Instructions to follow
Return the lines below that contain the word "failed".

Material supplied
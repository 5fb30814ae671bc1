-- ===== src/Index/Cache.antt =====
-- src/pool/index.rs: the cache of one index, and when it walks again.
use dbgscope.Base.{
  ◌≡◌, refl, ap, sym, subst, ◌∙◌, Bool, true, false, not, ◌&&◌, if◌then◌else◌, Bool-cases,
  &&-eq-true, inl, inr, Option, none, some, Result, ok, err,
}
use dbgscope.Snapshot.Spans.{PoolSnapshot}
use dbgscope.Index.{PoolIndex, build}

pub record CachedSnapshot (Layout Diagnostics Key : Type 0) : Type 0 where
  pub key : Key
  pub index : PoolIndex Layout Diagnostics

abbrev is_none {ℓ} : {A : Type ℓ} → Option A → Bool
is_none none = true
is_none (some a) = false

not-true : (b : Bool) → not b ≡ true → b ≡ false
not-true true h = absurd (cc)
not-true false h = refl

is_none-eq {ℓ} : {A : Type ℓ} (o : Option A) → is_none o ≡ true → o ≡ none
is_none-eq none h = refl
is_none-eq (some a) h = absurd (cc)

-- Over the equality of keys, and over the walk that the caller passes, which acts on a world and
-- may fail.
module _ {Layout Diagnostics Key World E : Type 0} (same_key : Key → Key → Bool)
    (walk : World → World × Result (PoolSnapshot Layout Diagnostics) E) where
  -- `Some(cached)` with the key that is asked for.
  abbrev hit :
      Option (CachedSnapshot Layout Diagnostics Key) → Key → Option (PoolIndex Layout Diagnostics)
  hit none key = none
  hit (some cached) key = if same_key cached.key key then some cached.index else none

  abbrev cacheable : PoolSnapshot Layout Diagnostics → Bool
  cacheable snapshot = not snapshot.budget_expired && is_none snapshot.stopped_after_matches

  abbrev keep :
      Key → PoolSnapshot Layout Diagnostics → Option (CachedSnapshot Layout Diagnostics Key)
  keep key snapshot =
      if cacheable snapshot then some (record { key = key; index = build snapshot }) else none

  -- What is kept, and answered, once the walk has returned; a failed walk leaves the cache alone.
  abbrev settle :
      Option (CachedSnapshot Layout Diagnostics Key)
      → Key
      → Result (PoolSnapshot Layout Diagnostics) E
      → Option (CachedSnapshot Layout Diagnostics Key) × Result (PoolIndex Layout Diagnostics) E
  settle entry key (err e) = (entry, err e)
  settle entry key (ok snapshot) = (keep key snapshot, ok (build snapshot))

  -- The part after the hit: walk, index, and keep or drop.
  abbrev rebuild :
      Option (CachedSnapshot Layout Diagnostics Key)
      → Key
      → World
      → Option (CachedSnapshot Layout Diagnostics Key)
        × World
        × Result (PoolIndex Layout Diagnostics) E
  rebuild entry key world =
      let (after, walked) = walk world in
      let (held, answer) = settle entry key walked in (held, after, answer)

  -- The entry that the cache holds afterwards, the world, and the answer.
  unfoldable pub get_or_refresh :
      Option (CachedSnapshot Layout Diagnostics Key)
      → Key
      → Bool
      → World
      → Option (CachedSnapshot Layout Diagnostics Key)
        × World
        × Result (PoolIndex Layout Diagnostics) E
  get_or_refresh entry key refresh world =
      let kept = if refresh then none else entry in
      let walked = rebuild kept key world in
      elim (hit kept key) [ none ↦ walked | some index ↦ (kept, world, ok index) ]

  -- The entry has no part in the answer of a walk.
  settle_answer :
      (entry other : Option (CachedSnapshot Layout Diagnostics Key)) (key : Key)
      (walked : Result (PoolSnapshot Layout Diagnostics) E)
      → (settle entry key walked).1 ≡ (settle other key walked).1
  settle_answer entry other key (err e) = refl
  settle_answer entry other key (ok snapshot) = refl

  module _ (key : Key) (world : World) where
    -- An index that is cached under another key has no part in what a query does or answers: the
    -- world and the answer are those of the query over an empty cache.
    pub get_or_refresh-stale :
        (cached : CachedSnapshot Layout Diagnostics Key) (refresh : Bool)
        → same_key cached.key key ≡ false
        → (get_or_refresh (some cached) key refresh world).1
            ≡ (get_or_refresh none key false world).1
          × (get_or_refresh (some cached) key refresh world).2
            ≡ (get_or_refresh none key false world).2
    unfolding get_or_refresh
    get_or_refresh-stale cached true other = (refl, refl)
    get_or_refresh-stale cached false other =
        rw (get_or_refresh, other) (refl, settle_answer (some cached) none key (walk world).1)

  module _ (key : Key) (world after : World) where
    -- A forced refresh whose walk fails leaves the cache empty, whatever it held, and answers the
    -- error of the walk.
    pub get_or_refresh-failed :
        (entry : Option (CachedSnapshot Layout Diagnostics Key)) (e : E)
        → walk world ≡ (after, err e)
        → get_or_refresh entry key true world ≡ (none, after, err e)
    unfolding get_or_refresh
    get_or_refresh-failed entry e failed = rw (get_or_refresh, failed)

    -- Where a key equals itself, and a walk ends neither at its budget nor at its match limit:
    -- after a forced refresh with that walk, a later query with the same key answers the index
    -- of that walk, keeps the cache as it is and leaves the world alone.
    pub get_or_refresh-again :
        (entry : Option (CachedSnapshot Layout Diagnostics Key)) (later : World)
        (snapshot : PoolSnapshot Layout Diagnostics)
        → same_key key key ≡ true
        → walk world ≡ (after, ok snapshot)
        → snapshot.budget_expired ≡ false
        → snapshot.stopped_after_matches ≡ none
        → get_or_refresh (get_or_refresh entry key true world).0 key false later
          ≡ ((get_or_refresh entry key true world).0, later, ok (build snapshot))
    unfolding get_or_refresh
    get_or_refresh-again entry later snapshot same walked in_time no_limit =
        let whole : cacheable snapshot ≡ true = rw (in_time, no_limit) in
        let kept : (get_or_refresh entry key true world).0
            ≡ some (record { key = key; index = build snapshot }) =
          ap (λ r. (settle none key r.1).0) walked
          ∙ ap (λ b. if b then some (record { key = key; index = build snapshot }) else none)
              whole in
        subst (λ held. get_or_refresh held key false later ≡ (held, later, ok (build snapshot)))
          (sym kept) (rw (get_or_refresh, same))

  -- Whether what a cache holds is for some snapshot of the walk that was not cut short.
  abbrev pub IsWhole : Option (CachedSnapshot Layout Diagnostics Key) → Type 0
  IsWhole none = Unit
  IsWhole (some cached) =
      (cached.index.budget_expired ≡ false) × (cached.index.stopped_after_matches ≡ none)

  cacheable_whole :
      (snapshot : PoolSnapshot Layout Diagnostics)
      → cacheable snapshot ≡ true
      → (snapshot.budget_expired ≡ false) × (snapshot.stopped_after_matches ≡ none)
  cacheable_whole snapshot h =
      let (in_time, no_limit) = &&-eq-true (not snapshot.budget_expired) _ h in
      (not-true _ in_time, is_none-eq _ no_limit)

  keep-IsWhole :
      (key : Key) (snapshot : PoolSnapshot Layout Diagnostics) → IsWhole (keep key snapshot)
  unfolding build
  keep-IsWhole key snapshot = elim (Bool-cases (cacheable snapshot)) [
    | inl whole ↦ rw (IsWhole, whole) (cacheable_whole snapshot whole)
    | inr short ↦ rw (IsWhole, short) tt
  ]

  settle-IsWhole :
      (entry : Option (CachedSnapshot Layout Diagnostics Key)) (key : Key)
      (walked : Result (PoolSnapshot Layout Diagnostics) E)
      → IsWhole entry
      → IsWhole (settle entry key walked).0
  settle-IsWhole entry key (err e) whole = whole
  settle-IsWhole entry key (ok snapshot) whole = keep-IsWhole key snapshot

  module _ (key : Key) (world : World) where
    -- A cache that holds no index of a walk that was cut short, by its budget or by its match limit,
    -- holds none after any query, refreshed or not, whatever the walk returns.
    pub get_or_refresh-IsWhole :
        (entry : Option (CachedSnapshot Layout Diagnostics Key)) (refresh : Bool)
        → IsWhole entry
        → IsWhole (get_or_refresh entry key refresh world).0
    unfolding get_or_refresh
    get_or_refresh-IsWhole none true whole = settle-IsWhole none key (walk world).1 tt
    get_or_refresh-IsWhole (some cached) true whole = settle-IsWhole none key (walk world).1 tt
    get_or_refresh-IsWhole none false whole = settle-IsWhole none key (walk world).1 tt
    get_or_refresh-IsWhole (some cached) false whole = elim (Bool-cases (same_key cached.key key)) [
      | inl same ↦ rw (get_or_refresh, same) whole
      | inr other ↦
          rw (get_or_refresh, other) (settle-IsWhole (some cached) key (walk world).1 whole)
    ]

Solution for this exercise
  -- What is kept, and answered, once the walk has returned; a failed walk leaves the cache alone.
    pub get_or_refresh-failed :
    get_or_refresh-failed entry e failed = rw (get_or_refresh, failed)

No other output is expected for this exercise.